When Hurricane Katrina hits New Orleans, Jim Scoresby refuses to evacuate and stays behind to look after his grandfather’s house. He does so in the company of his friend, elderly jazz musician Freddy Beasley. Right before the hurricane, Jim had a confrontation with his father, who feared that Jim, who’s nearing 30, would never amount to anything. After Katrina, Jim ends up moving to Boston, where he finds success selling investments at the firm of Henretty & Henretty.

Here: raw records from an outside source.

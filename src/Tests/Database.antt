-- ===== src/Tests/Database.antt =====
-- The tables of common/db.py with one queued job.
use job_processing_workflow.Prelude.{
  text_key, insert, if◌then◌else◌, ◌==◌, ℕ, String, lookup, overlay, List, ◌≡◌, sym, subst, refl,
  some, none, [], ◌∷◌, true, arith, nat_key,
}
use job_processing_workflow.Models.{Value, float, Payload, Time, pos, Job, running}
use job_processing_workflow.MemoryStore as Memory
use job_processing_workflow.MemoryStore.{InMemoryStore, set_type_config, active}
use job_processing_workflow.MemoryStore.Invariant.{IsValid}
use job_processing_workflow.MemoryStore.Invariant.Enqueue.{
  empty_store-IsValid, enqueue-IsValid, set_type_config-IsValid,
}
use job_processing_workflow.Postgres as Postgres
use mathlib.Core.List
use mathlib.Core.List.{Permᴰ}
use mathlib.Core.List.Permᴰ
use mathlib.Core.Option
use job_processing_workflow.Store.Laws.{StoreLaws}
use job_processing_workflow.Postgres.{Jsonb, JobRow, Tables, no_creator}
use job_processing_workflow.Postgres.Normal.{map_values, insert-map_values, JsonbLaws, normal_job}
use job_processing_workflow.Postgres.Runs.{run_tables, run_store, normal_answers, run_tables-Agree}
use job_processing_workflow.Postgres.AsStore.Protocol.{postgres}
use job_processing_workflow.Postgres.AsStore.Laws.{status, postgres_laws}
use job_processing_workflow.Postgres.Calls.{
  Call, claims, completes, resolves, changed, on_tables, on_store, Represents,
}
use job_processing_workflow.Postgres.Refinement.{reads-eq}
use job_processing_workflow.Tests.Samples.{base, input, configured}

-- A column that writes a number in another form.
abbrev form : Value → Value
form (float s) = if s == "100.0" then float "100" else float s
form v = v

abbrev by_form : Jsonb
by_form = record { store = λ p. map_values form p; concat = overlay }

overlay-map_values :
    (a b : Payload)
    → overlay (map_values form a) (map_values form b) ≡ map_values form (overlay a b)
overlay-map_values a [] = refl
overlay-map_values a ((k, v) ∷ b) =
    subst (λ d. overlay d (map_values form b) ≡ map_values form (overlay (insert k v a) b))
      (sym (insert-map_values form k v a)) (overlay-map_values (insert k v a) b)

by_form_laws : JsonbLaws by_form
by_form_laws = record { store_empty = refl; concat_store = overlay-map_values }

abbrev tables : Tables
tables = record {
  jobs = Postgres.inserted 1 "hello" input no_creator 10 ∷ [];
  outbox =
      record {
        id = 1;
        job_id = 1;
        payload = record { job_id = 1; job_type = "hello" };
        published_at = none;
      }
      ∷ [];
  job_type_config =
      record { job_type = "hello"; run_timeout = 1_000_000; max_attempts = 2; payload = base } ∷ [];
  next_job = 2;
  next_outbox = 2;
}

abbrev filed : InMemoryStore
filed = (Memory.enqueue 10 10 "hello" (some input) none configured).0

filed-IsValid : IsValid filed
filed-IsValid =
    enqueue-IsValid 10 10 "hello" (some input) none configured
      (set_type_config-IsValid "hello" 1_000_000 2 (some base) _ empty_store-IsValid)

tables-Represents : Represents by_form tables filed
unfolding set_type_config active Memory.enqueue
tables-Represents = record {
  jobs = refl;
  outbox = refl;
  published = λ k. ground arith;
  config = refl;
}

claims_once : (on_tables by_form 20 (claims 1) tables).1 ≡ changed true
unfolding Postgres.claim
claims_once = refl

abbrev calls : List (Time × Call)
calls = (20, claims 1) ∷ (25, resolves 1 "hello") ∷ (30, completes 1) ∷ []

own_type :
    (job : Job) → lookup 1 (on_store 20 (claims 1) filed).0.jobs ≡ some job → job.job_type ≡ "hello"
unfolding set_type_config active Memory.enqueue Memory.claim
own_type job found = ground (arith, found)

run_tables-Agree_example :
    ((run_tables by_form calls tables).1 ≡ normal_answers by_form (run_store calls filed).1)
    × Represents by_form (run_tables by_form calls tables).0 (run_store calls filed).0
    × IsValid (run_store calls filed).0
run_tables-Agree_example =
    run_tables-Agree by_form by_form_laws calls tables filed tables-Represents filed-IsValid
      (tt, (own_type, (tt, tt)))

abbrev running_row : ℕ → String → JobRow
running_row id job_type = record (Postgres.inserted id job_type [] no_creator 10) {
  status = running;
}

abbrev two_running : Tables
two_running = record tables { jobs = running_row 1 "hello" ∷ running_row 2 "boom" ∷ [] }

-- A database that goes through the rows in another order.
two_stuck :
    Postgres.find_stuck List.reverse 5_000_000_000 two_running
    ≡ record { job_id = 2; job_type = "boom"; attempts = 0 }
      ∷ record { job_id = 1; job_type = "hello"; attempts = 0 }
      ∷ []
unfolding Postgres.find_stuck
two_stuck = refl

reads-eq_example :
    (Postgres.get_job 1 tables ≡ Option.map (normal_job by_form) (Memory.get_job 1 filed))
    × Permᴰ (Postgres.find_stuck List.reverse 50 tables) (Memory.find_stuck 50 filed)
    × (Postgres.fetch_unpublished 10 tables ≡ Memory.fetch_unpublished (pos 10) filed)
reads-eq_example =
    reads-eq by_form List.reverse Permᴰ.reverse 50 1 10 tables filed tables-Represents filed-IsValid

postgres_laws_example : StoreLaws (postgres by_form List.reverse) status
postgres_laws_example = postgres_laws by_form List.reverse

There, he comes to the attention of its chief executive, Commodore Walter Henretty, and even begins to date the boss’s daughter, Maureen. When Walter decides to put him in charge of his yacht brokerage business on Cape Cod, Jim jumps at the chance but finds that the spoiled Maureen is unhappy; she wants him to stay with her in Boston. All the while, Jim misses New Orleans and wonders if he’ll ever move back home or if he’ll make a new life for himself in New England. Things come to a head when Jim agrees to accompany Walter for a test drive of his recently overhauled schooner, and an encounter with a white squall leads to tragedy. Wall delivers a full-blooded, old-fashioned novel about love, ambition and money that’s reminiscent of the works of Richard Powell, Vance Bourjaily, James Gould Cozzens and other midcentury American authors. From Boston’s Beacon Hill to New Orleans’ Frenchman Street, the book does an excellent job of evoking a sense of place and contains any number of memorable scenes, particularly the two storms that bookend the story. Even though, as a character, Jim seems a little too good to be true, the author surrounds him with an engaging cast of New England types. Unfortunately, at over 400 pages, the narrative seems somewhat padded, and even the most patient readers will grow tired of its many digressions.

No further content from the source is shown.